Adding and subtracting
You can only add or subtract radicals that have the same radicand — the radical part plays the role of a "variable":
$$ 3\sqrt{2} + 5\sqrt{2} = 8\sqrt{2}, \qquad 7\sqrt{3} - 2\sqrt{3} = 5\sqrt{3}. $$You can't combine $\sqrt{2} + \sqrt{3}$ into a single radical — they're just two distinct irrational numbers, the same way $x + y$ is two distinct unlike terms.
7. Common pitfalls
The "freshman's dream" again. Roots distribute over products and quotients, never over sums. $\sqrt{9 + 16} = \sqrt{25} = 5$, but $\sqrt{9} + \sqrt{16} = 3 + 4 = 7$. They are different numbers.
$\sqrt{x^2} = |x|$, not $x$. If $x = -3$, then $\sqrt{(-3)^2} = \sqrt{9} = 3$, not $-3$. The radical symbol is committed to the non-negative answer, even when the input has been squared from a negative.
$\sqrt{-4}$ has no real value. If a calculation produces a negative under a square root, either you've made an error, or you've stumbled into territory that needs complex numbers. Either way, stop and check the setup.

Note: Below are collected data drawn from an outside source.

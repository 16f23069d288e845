-- ===== src/Decoding/Types.antt =====
-- parallelChunkDecode.ts: the state of the queue that decodes chunks in parallel and applies them in
-- the order in which they came. A task is known by a number. `nextDecode` is the first task that is
-- not taken.
use plug_node.Base.{ℕ, Bool, false, List, []}

pub record Limits : Type 0 where
  pub max_parallel : ℕ
  pub max_frames : ℕ
  pub max_bytes : ℕ

-- What `decode` does when it is called: it is undefined for ordered work, it throws, or it returns
-- a promise.
pub data Decode : Type 0 where
  no_decode decode_throws decode_promises : Decode

-- What `apply` does when it is called.
pub data Apply : Type 0 where
  apply_returns apply_throws apply_promises : Apply

pub record Task : Type 0 where
  pub id : ℕ
  pub decode : Decode
  pub apply : Apply
  pub bytes : ℕ
  pub taken : Bool
  pub ready : Bool
  pub cancelled : Bool
  pub released : Bool
  pub failed : Bool

-- `decoding` holds the tasks whose `decode` promise is pending, and `waiting_drains` counts the
-- promises of `drainOrderedWork` that are.
pub record State : Type 0 where
  pub tasks : List Task
  pub active : ℕ
  pub closed : Bool
  pub applying : Bool
  pub decoding : List ℕ
  pub waiting_drains : ℕ
  pub next_id : ℕ
  pub pending_frames : ℕ
  pub pending_bytes : ℕ
  pub peak_pending_frames : ℕ
  pub peak_pending_bytes : ℕ
  pub decodes : ℕ

pub data Effect : Type 0 where
  starts applies resolves : (id : ℕ) → Effect
  reports_failure reports_limit drained : Effect

abbrev pub Turn : Type 0
Turn = State × List Effect

unfoldable pub init : State
init = record {
  tasks = [];
  active = 0;
  closed = false;
  applying = false;
  decoding = [];
  waiting_drains = 0;
  next_id = 0;
  pending_frames = 0;
  pending_bytes = 0;
  peak_pending_frames = 0;
  peak_pending_bytes = 0;
  decodes = 0;
}
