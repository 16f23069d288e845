-- ===== src/Decoding.antt =====
-- parallelChunkDecode.ts: the operations of the queue. A step runs a call, or the reaction to a
-- promise or an abort signal, to its end. `apply` and `decode` do not call the queue back while they
-- run. Each caller of `pump` runs `applyReady` next, and so does a `decode` that throws, at once:
-- it is run once here, behind the loop.
pub mod Types
pub mod Line
pub mod Turns
pub mod Order
pub mod Bounds
pub mod Lazy
pub mod Progress
pub mod Alive
pub mod Idle
pub mod Exact
pub mod Whole
pub mod Lossless
mod Tests
use plug_node.Base.{
  ℕ, zero, suc, ◌+◌, ◌-◌, max, Bool, true, false, not, ◌&&◌, ◌||◌, Option, none, some, List, [],
  ◌∷◌, ◌++◌, map, ltb, leb, ◌==◌, if◌then◌else◌, get_elem?, erase_idx, is_empty,
}
use Types.{
  Limits, Decode, no_decode, decode_throws, decode_promises, Apply, apply_returns, apply_throws,
  apply_promises, Task, State, Effect, starts, applies, resolves, reports_failure, reports_limit,
  drained, Turn,
}

-- The limits of the options, where they are accepted.
unfoldable pub check_limits : Limits → Bool
check_limits l =
    ltb 0 l.max_parallel && (ltb 0 l.max_frames && (ltb 0 l.max_bytes && leb l.max_parallel 8))

-- One part of a handler after another: the effects follow in order.
infixl 5 ◌>>=◌
abbrev pub ◌>>=◌ : Turn → (State → Turn) → Turn
m >>= f = let r = f m.0 in (r.0, m.1 ++ r.1)

abbrev pub has_decode : Task → Bool
has_decode t = elim t.decode [ no_decode ↦ false | _ ↦ true ]

-- `release`, without the mark on the task.
unfoldable pub release : Task → State → Turn
release t s =
    if t.released
    then (s, [])
    else if has_decode t
    then (
      record s { pending_frames = s.pending_frames - 1; pending_bytes = s.pending_bytes - t.bytes },
      resolves t.id ∷ [],
    )
    else (s, resolves t.id ∷ [])

unfoldable pub drained_effects : ℕ → List Effect
drained_effects zero = []
drained_effects (suc n) = drained ∷ drained_effects n

-- `finishDrains`
unfoldable pub finish_drains : State → Turn
finish_drains s =
    if is_empty s.tasks
    then (record s { waiting_drains = 0 }, drained_effects s.waiting_drains)
    else (s, [])

unfoldable pub release_all : List Task → State → Turn
release_all [] s = (s, [])
release_all (t ∷ ts) s = release t s >>= release_all ts

-- `clearPendingDecodes`
unfoldable pub clear_pending_decodes : State → Turn
clear_pending_decodes s =
    if s.closed
    then (s, [])
    else release_all s.tasks (record s { closed = true; tasks = [] }) >>= finish_drains

-- `fail`; `report` is what `onError` is told.
unfoldable pub fail : Effect → State → Turn
fail report s = if s.closed then (s, []) else clear_pending_decodes s >>= (λ s. (s, report ∷ []))

-- The loop of `applyReady`, with the tasks that are left.
unfoldable pub apply_loop : List Task → State → Turn
apply_loop [] s = (record s { tasks = [] }, [])
apply_loop (t ∷ ts) s =
    let next = release t s >>= apply_loop ts in
    let here = record s { tasks = t ∷ ts } in
    if not t.ready
    then (here, [])
    else if t.cancelled
    then next
    else if t.failed
    then fail reports_failure here
    else elim t.apply [
      | apply_returns ↦ (next.0, applies t.id ∷ next.1)
      | apply_throws ↦ let r = fail reports_failure here in (r.0, applies t.id ∷ r.1)
      | apply_promises ↦ (record here { applying = true }, applies t.id ∷ [])
    ]

-- `applyReady`
unfoldable pub apply_ready : State → Turn
apply_ready s = if s.applying || s.closed then (s, []) else apply_loop s.tasks s >>= finish_drains

-- One round of the loop of `pump`: the task as it is taken, and the state with the call of `decode`.
unfoldable pub take_task : Task → Task
take_task t = elim t.decode [
  | no_decode ↦ record t { taken = true }
  | decode_throws ↦
      if t.cancelled
      then record t { taken = true }
      else record t { taken = true; ready = true; failed = true }
  | decode_promises ↦ record t { taken = true }
]

unfoldable pub begin_decode : Task → State → Turn
begin_decode t s = if t.cancelled then (s, []) else elim t.decode [
  | no_decode ↦ (s, [])
  | decode_throws ↦ (record s { decodes = s.decodes + 1 }, starts t.id ∷ [])
  | decode_promises ↦ (
    record s { active = s.active + 1; decodes = s.decodes + 1; decoding = s.decoding ++ t.id ∷ [] },
    starts t.id ∷ [],
  )
]

unfoldable pub pump_loop : Limits → List Task → State → List Task × Turn
pump_loop l [] s = ([], (s, []))
pump_loop l (t ∷ ts) s =
    let passed = pump_loop l ts s in
    let begun = begin_decode t s in
    let later = pump_loop l ts begun.0 in
    if t.taken
    then (t ∷ passed.0, passed.1)
    else if ltb s.active l.max_parallel
    then (take_task t ∷ later.0, (later.1.0, begun.1 ++ later.1.1))
    else (t ∷ ts, (s, []))

unfoldable pub pump : Limits → State → Turn
pump l s =
    let r = pump_loop l s.tasks s in
    if s.closed then (s, []) else (record r.1.0 { tasks = r.0 }, r.1.1)

-- The task that `enqueue` makes.
unfoldable pub new_task : ℕ → Decode → Apply → ℕ → Task
new_task id decode apply bytes = record {
  id = id;
  decode = decode;
  apply = apply;
  bytes = bytes;
  taken = false;
  ready = elim decode [ no_decode ↦ true | _ ↦ false ];
  cancelled = false;
  released = false;
  failed = false;
}

-- The private `enqueue`.
unfoldable pub enqueue : Limits → Decode → Apply → ℕ → State → Turn
enqueue l decode apply bytes s =
    if s.closed
    then (s, [])
    else pump l (record s {
      next_id = s.next_id + 1;
      tasks = s.tasks ++ new_task s.next_id decode apply bytes ∷ [];
    })
      >>= apply_ready

-- `enqueueOrderedWork`
unfoldable pub enqueue_ordered_work : Limits → Apply → State → Turn
enqueue_ordered_work l apply s = enqueue l no_decode apply 0 s

-- What `accumulated` answers.
pub record Accumulated : Type 0 where
  pub frames : ℕ
  pub bytes : ℕ

unfoldable pub reserve : ℕ → State → State
reserve bytes s = record s {
  pending_frames = s.pending_frames + 1;
  pending_bytes = s.pending_bytes + bytes;
  peak_pending_frames = max s.peak_pending_frames (s.pending_frames + 1);
  peak_pending_bytes = max s.peak_pending_bytes (s.pending_bytes + bytes);
}

-- `enqueueDecodeThenOrdered`, for a signal that is not aborted.
unfoldable pub enqueue_decode_then_ordered :
    Limits → Accumulated → (throws : Bool) → Apply → ℕ → State → Turn
enqueue_decode_then_ordered l accumulated throws apply bytes s =
    if s.closed
    then (s, [])
    else if ltb l.max_frames (s.pending_frames + accumulated.frames + 1)
        || ltb l.max_bytes (s.pending_bytes + accumulated.bytes + bytes)
    then fail reports_limit s
    else enqueue l (if throws then decode_throws else decode_promises) apply bytes (reserve bytes s)

-- `drainOrderedWork`
unfoldable pub drain_ordered_work : State → Turn
drain_ordered_work s =
    if is_empty s.tasks
    then (s, drained ∷ [])
    else (record s { waiting_drains = s.waiting_drains + 1 }, [])

abbrev pub settle_task : ℕ → Bool → Task → Task
settle_task id failed t = if t.id == id then record t { ready = true; failed = failed } else t

-- `complete`, for the task whose promise settles.
unfoldable pub complete : Limits → ℕ → Option ℕ → Bool → State → Turn
complete l k none failed s = (s, [])
complete l k (some id) failed s =
    pump l (record s {
      active = s.active - 1;
      decoding = erase_idx s.decoding k;
      tasks = map (settle_task id failed) s.tasks;
    })
    >>= apply_ready

abbrev pub cancel_task : Task → Task
cancel_task t = record t { cancelled = true; ready = true; released = true }

unfoldable pub release_where : ℕ → List Task → State → Turn
release_where id [] s = (s, [])
release_where id (t ∷ ts) s =
    if t.id == id then release t s >>= release_where id ts else release_where id ts s

abbrev pub cancel_where : ℕ → Task → Task
cancel_where id t = if t.id == id then cancel_task t else t

-- `cancel` of a task, when its signal is aborted.
unfoldable pub cancel : ℕ → State → Turn
cancel id s =
    let r = release_where id s.tasks s in
    (record r.0 { tasks = map (cancel_where id) s.tasks }, r.1) >>= apply_ready

unfoldable pub drop_head : State → Turn
drop_head s = elim s.tasks [ [] ↦ (s, []) | t ∷ ts ↦ release t (record s { tasks = ts }) ]

abbrev pub head_cancelled : List Task → Bool
head_cancelled [] = true
head_cancelled (t ∷ ts) = t.cancelled

-- The promise of the `apply` that runs settles. Its task is the head, or was cleared.
unfoldable pub applied : (failed : Bool) → State → Turn
applied failed s =
    if not s.applying
    then (s, [])
    else (let still = record s { applying = false } in
        if failed && not (head_cancelled s.tasks)
        then fail reports_failure still
        else drop_head still >>= apply_ready >>= finish_drains)

pub data Event : Type 0 where
  enqueues_work : Apply → Event
  enqueues_chunk : Accumulated → (throws : Bool) → Apply → (bytes : ℕ) → Event
  decoded : (k : ℕ) → (failed : Bool) → Event
  apply_settles : (failed : Bool) → Event
  aborts : (id : ℕ) → Event
  drains clears : Event

unfoldable pub step : Limits → Event → State → Turn
step l (enqueues_work apply) s = enqueue_ordered_work l apply s
step l (enqueues_chunk acc throws apply bytes) s =
    enqueue_decode_then_ordered l acc throws apply bytes s
step l (decoded k failed) s = complete l k (get_elem? s.decoding k) failed s
step l (apply_settles failed) s = applied failed s
step l (aborts id) s = cancel id s
step l drains s = drain_ordered_work s
step l clears s = clear_pending_decodes s

unfoldable pub run : Limits → List Event → State → Turn
run l [] s = (s, [])
run l (e ∷ es) s = step l e s >>= run l es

$\sqrt{a}$ is the inverse of squaring, which means it's $a^{1/2}$, not $a^2$. The two are opposites: squaring $\sqrt{9}$ takes you back to $9$, but squaring $9$ gives $81$. Always check which direction the operation is taking you.
8. Worked examples
Example 1 · Simplify $\sqrt{72}$
Find the biggest perfect square that divides $72$: $36$.
$$ \sqrt{72} = \sqrt{36 \cdot 2} = 6\sqrt{2}. $$Answer: $\boxed{6\sqrt{2}}$.
Example 2 · Evaluate $\sqrt[3]{-125}$
Cube roots accept negative radicands. Find the number whose cube is $-125$: $(-5)^3 = -125$.
$$ \sqrt[3]{-125} = -5. $$Example 3 · Evaluate $16^{3/4}$
Rewrite the fractional exponent as a root of a power (or a power of a root):
$$ 16^{3/4} = (16^{1/4})^3 = (\sqrt[4]{16})^3 = 2^3 = 8. $$Answer: $\boxed{8}$.
Example 4 · Simplify $3\sqrt{5} + 2\sqrt{20}$
First simplify $\sqrt{20}$: $\sqrt{20} = \sqrt{4 \cdot 5} = 2\sqrt{5}$.
Substitute back:
$$ 3\sqrt{5} + 2 \cdot 2\sqrt{5} = 3\sqrt{5} + 4\sqrt{5} = 7\sqrt{5}. $$Answer: $\boxed{7\sqrt{5}}$.
Example 5 · Simplify $\sqrt{18} \cdot \sqrt{2}$
Combine under one radical: $\sqrt{18 \cdot 2} = \sqrt{36} = 6$.
Answer: $\boxed{6}$. (Nice when the product becomes a perfect square.)